The United Nations wildlife trade body has decided to control on commerce in precious coral, harvested in the Mediterranean and the western Pacific and then crafted into jewelry mainly in Italy. There is a proposal which enlists the deep-water, reef-forming organism under Appendix II of the Conference on International Trade in Endangered Species (Cites), meeting in Doha until Thursday, would require nations to track exports and show that coral is extracted sustainably.
The proposal is co-sponsored by the United States and the European Union, the move is opposed by Japan, which last week lobbied successfully to shoot down a bid to ban trade in Atlantic bluefin tuna. In the meeting several new measures were directed which targets seven species in the Coralliidae family, one growing in the Mediterranean and the others in the western Pacific, including Hawaii.
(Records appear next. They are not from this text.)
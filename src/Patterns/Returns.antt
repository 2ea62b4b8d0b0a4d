-- ===== src/Patterns/Returns.antt =====
-- When the calculation of groups/calculator.py raises no exception.
use jebao_flow_engine.Base.{
  ◌≤◌, ◌≡◌, refl, sym, subst, ◌∙◌, Bool, true, false, arith, if◌then◌else◌, Bool-cases, inl, inr,
  [],
}
use jebao_flow_engine.Base.Result.{ok, ◌>>=◌, Returns, >>=-Returns, ok-injective}
use jebao_flow_engine.Floats.{Floats, FloatLaws, divide}
use jebao_flow_engine.Groups.{
  GroupConfig, GroupRuntime, PatternKind, constant, sync, anti_phase, lagoon, reef_crest, gyre,
  tidal_swell, nutrient_transport,
}
use jebao_flow_engine.Patterns.Calculator.{is_supported, calculate_kind}
use jebao_flow_engine.Patterns.Shared.{
  effective_limits, effective_power, effective_ceiling, effective_period, cycle_fraction,
}
use jebao_flow_engine.Patterns.Fixed.{
  constant_pattern, sync_pattern, anti_phase_pattern, gyre_pattern,
}
use jebao_flow_engine.Patterns.Waves.{
  tidal_intensity, tidal_swell_pattern, nutrient_transport_pattern,
}
use jebao_flow_engine.Patterns.Randomized.{lagoon_pattern, reef_crest_pattern}
use jebao_flow_engine.Safety.{PowerLimits}
use jebao_flow_engine.Safety.Bounds.{clamp_between}
use jebao_flow_engine.Patterns.Targets.{for_members-Returns, power_limits-eq_ok}

module _ (F : Floats) where
  open F use {Float, sub, is_zero, is_finite}

  -- The period of a group is not 0, and the cycles up to a time are a finite number.
  abbrev pub HasCycles : Float → GroupConfig Float → GroupRuntime Float → Type 0
  HasCycles timestamp group runtime =
      let period = effective_period F group runtime in
      (is_zero period ≡ false)
      × (is_finite (F.div (sub timestamp runtime.started_at) period) ≡ true)

module _ (F : Floats) (L : FloatLaws F) where
  open F use {Float, of_nat, literal, sub, lt, is_zero, is_finite, mod_one}

  effective_ceiling-Returns :
      (group : GroupConfig Float) (runtime : GroupRuntime Float) (limits : PowerLimits)
      → limits.min_power ≤ limits.max_power
      → Returns (effective_ceiling F group runtime limits)
  unfolding effective_ceiling
  effective_ceiling-Returns group runtime limits h =
      let (x, done, a, b) =
        clamp_between F L (of_nat (effective_power F group runtime)) limits.min_power
          limits.max_power h in
      (x, done)

  pub effective_limits-eq_ok :
      (group : GroupConfig Float) (runtime : GroupRuntime Float) (limits : PowerLimits)
      → effective_limits F group runtime ≡ ok limits
      → (limits.min_power ≤ limits.max_power) × (limits.max_power ≤ 100)
  unfolding effective_limits
  effective_limits-eq_ok group runtime limits e = power_limits-eq_ok _ _ limits e

  divide_nonzero : (x y : Float) → is_zero y ≡ false → divide F x y ≡ ok (F.div x y)
  unfolding divide
  divide_nonzero x y h = rw h refl

  divide-Returns : (x y : Float) → is_zero y ≡ false → Returns (divide F x y)
  divide-Returns x y h = (F.div x y, divide_nonzero x y h)

  divide_360-Returns : (x : Float) → Returns (divide F x (of_nat 360))
  divide_360-Returns x = divide-Returns x (of_nat 360) (L.of_nat_ne_zero 360 (omega arith))

  cycle_fraction-Returns :
      (timestamp period phase : Float) (runtime : GroupRuntime Float)
      → is_zero period ≡ false
      → Returns (cycle_fraction F timestamp runtime period phase)
  unfolding cycle_fraction
  cycle_fraction-Returns timestamp period phase runtime h =
      >>=-Returns (divide F (sub timestamp runtime.started_at) period) _ (divide-Returns _ period h)
        (λ cycles _.
          >>=-Returns (divide F phase (of_nat 360)) _ (divide_360-Returns phase)
            (λ delay _. (mod_one (sub cycles delay), refl)))

  tidal_intensity-Returns : (x : Float) → Returns (tidal_intensity F (mod_one x))
  unfolding tidal_intensity
  tidal_intensity-Returns x = elim (Bool-cases (lt (mod_one x) (literal 4 1))) [
    | inl early ↦ rw early (>>=-Returns _ _ (L.sin_mod_one x early) (λ wave _. (_, refl)))
    | inr a ↦ elim (Bool-cases (lt (mod_one x) (literal 7 1))) [
      | inl calm ↦ rw (a, calm) (literal 3 1, refl)
      | inr b ↦ elim (Bool-cases (lt (mod_one x) (literal 9 1))) [
        | inl rising ↦
            rw (a, b, rising)
              (>>=-Returns _ _
                (divide-Returns (sub (mod_one x) (literal 7 1)) (literal 2 1)
                  (L.tenths_ne_zero 2 (omega arith)))
                (λ rise _. (_, refl)))
        | inr c ↦ rw (a, b, c) (literal 10 1, refl)
      ]
    ]
  ]

  floor-Returns :
      (x y cycles : Float)
      → divide F x y ≡ ok cycles
      → is_zero y ≡ false
      → is_finite (F.div x y) ≡ true
      → Returns (F.floor cycles)
  floor-Returns x y cycles divided nonzero finite =
      let same = ok-injective (sym (divide_nonzero x y nonzero) ∙ divided) in
      L.floor_finite cycles (subst (λ c. is_finite c ≡ true) same finite)

  -- The request of a member in the two stages of a transport.
  transport-Returns :
      (early : Bool) (phase later : Float) (sooner : Float → Float)
      → Returns
          (if early then (divide F phase (of_nat 360) >>= λ delay. ok (sooner delay)) else ok later)
  transport-Returns true phase later sooner =
      >>=-Returns (divide F phase (of_nat 360)) _ (divide_360-Returns phase)
        (λ delay _. (sooner delay, refl))
  transport-Returns false phase later sooner = (later, refl)

  pub calculate_kind-Returns :
      (kind : PatternKind) (timestamp : Float) (group : GroupConfig Float)
      (runtime : GroupRuntime Float) (limits : PowerLimits)
      → is_supported kind ≡ true
      → effective_limits F group runtime ≡ ok limits
      → HasCycles F timestamp group runtime
      → limits.min_power ≤ limits.max_power
      → limits.max_power ≤ 100
      → Returns (calculate_kind F kind timestamp group runtime)
  unfolding calculate_kind is_supported constant_pattern sync_pattern anti_phase_pattern
      lagoon_pattern reef_crest_pattern gyre_pattern tidal_swell_pattern nutrient_transport_pattern
  calculate_kind-Returns constant timestamp group runtime limits s e runs h hi =
      rw e (for_members-Returns F L _ limits _ h hi (λ m. (_, refl)) group.members [])
  calculate_kind-Returns sync timestamp group runtime limits s e runs h hi = rw e (
      >>=-Returns _ _ (cycle_fraction-Returns timestamp _ _ runtime runs.0)
        (λ fraction _. for_members-Returns F L _ limits _ h hi (λ m. (_, refl)) group.members []))
  calculate_kind-Returns anti_phase timestamp group runtime limits s e runs h hi = rw e (
      for_members-Returns F L _ limits _ h hi
        (λ m.
          >>=-Returns _ _ (cycle_fraction-Returns timestamp _ m.phase runtime runs.0)
            (λ fraction _. (_, refl)))
        group.members [])
  calculate_kind-Returns gyre timestamp group runtime limits s e runs h hi = rw e (
      >>=-Returns _ _ (effective_ceiling-Returns group runtime limits h) (λ upper _.
        for_members-Returns F L _ limits _ h hi
          (λ m.
            >>=-Returns _ _ (cycle_fraction-Returns timestamp _ m.phase runtime runs.0)
              (λ fraction _. (_, refl)))
          group.members []))
  calculate_kind-Returns lagoon timestamp group runtime limits s e runs h hi = rw e (
      >>=-Returns _ _ (effective_ceiling-Returns group runtime limits h) (λ upper _.
        >>=-Returns _ _ (divide-Returns _ _ runs.0) (λ cycles divided.
          >>=-Returns _ _ (floor-Returns _ _ cycles divided runs.0 runs.1)
            (λ step _. for_members-Returns F L _ limits _ h hi (λ m. (_, refl)) group.members []))))
  calculate_kind-Returns reef_crest timestamp group runtime limits s e runs h hi = rw e (
      >>=-Returns _ _ (effective_ceiling-Returns group runtime limits h) (λ upper _.
        >>=-Returns _ _ (divide-Returns _ _ runs.0) (λ cycles divided.
          >>=-Returns _ _ (floor-Returns _ _ cycles divided runs.0 runs.1)
            (λ step _. for_members-Returns F L _ limits _ h hi (λ m. (_, refl)) group.members []))))
  calculate_kind-Returns tidal_swell timestamp group runtime limits s e runs h hi = rw e (
      >>=-Returns _ _ (effective_ceiling-Returns group runtime limits h) (λ upper _.
        >>=-Returns _ _ (divide-Returns _ _ runs.0) (λ cycles divided.
          >>=-Returns _ _ (floor-Returns _ _ cycles divided runs.0 runs.1) (λ step _.
            >>=-Returns _ _ (tidal_intensity-Returns cycles) (λ intensity _.
              for_members-Returns F L _ limits _ h hi (λ m. (_, refl)) group.members [])))))
  calculate_kind-Returns nutrient_transport timestamp group runtime limits s e runs h hi = rw e (
      >>=-Returns _ _ (effective_ceiling-Returns group runtime limits h) (λ upper _.
        >>=-Returns _ _ (divide-Returns _ _ runs.0) (λ cycles divided.
          for_members-Returns F L _ limits _ h hi
            (λ m. transport-Returns (lt (mod_one cycles) (literal 5 1)) m.phase _ _) group.members
            [])))
  calculate_kind-Returns _ timestamp group runtime limits s e runs h hi = cc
Kristian Teleki, a marine biologist at Sea Web, a conservation group, told that some 30-50 metric tons of Coralliidae are harvested annually from the Mediterranean and the Pacific to meet consumer demand. Destructive fishing methods and over-harvesting have reduced worldwide catches by at least 85 percent in the past three decades, according to the Food and Agriculture Organization.
Teleki informed that three years ago, a nearly identical proposal came before Cites at its last meeting. At that time, the Appendix II listing was initially approved, only to be overturned during the final minutes of the 12-day meeting in a secret ballot. Sue Lieberman, policy director for the Pew Environment Group in Washington, said that Italy and some Italian dealers used strong-arm tactics on small countries.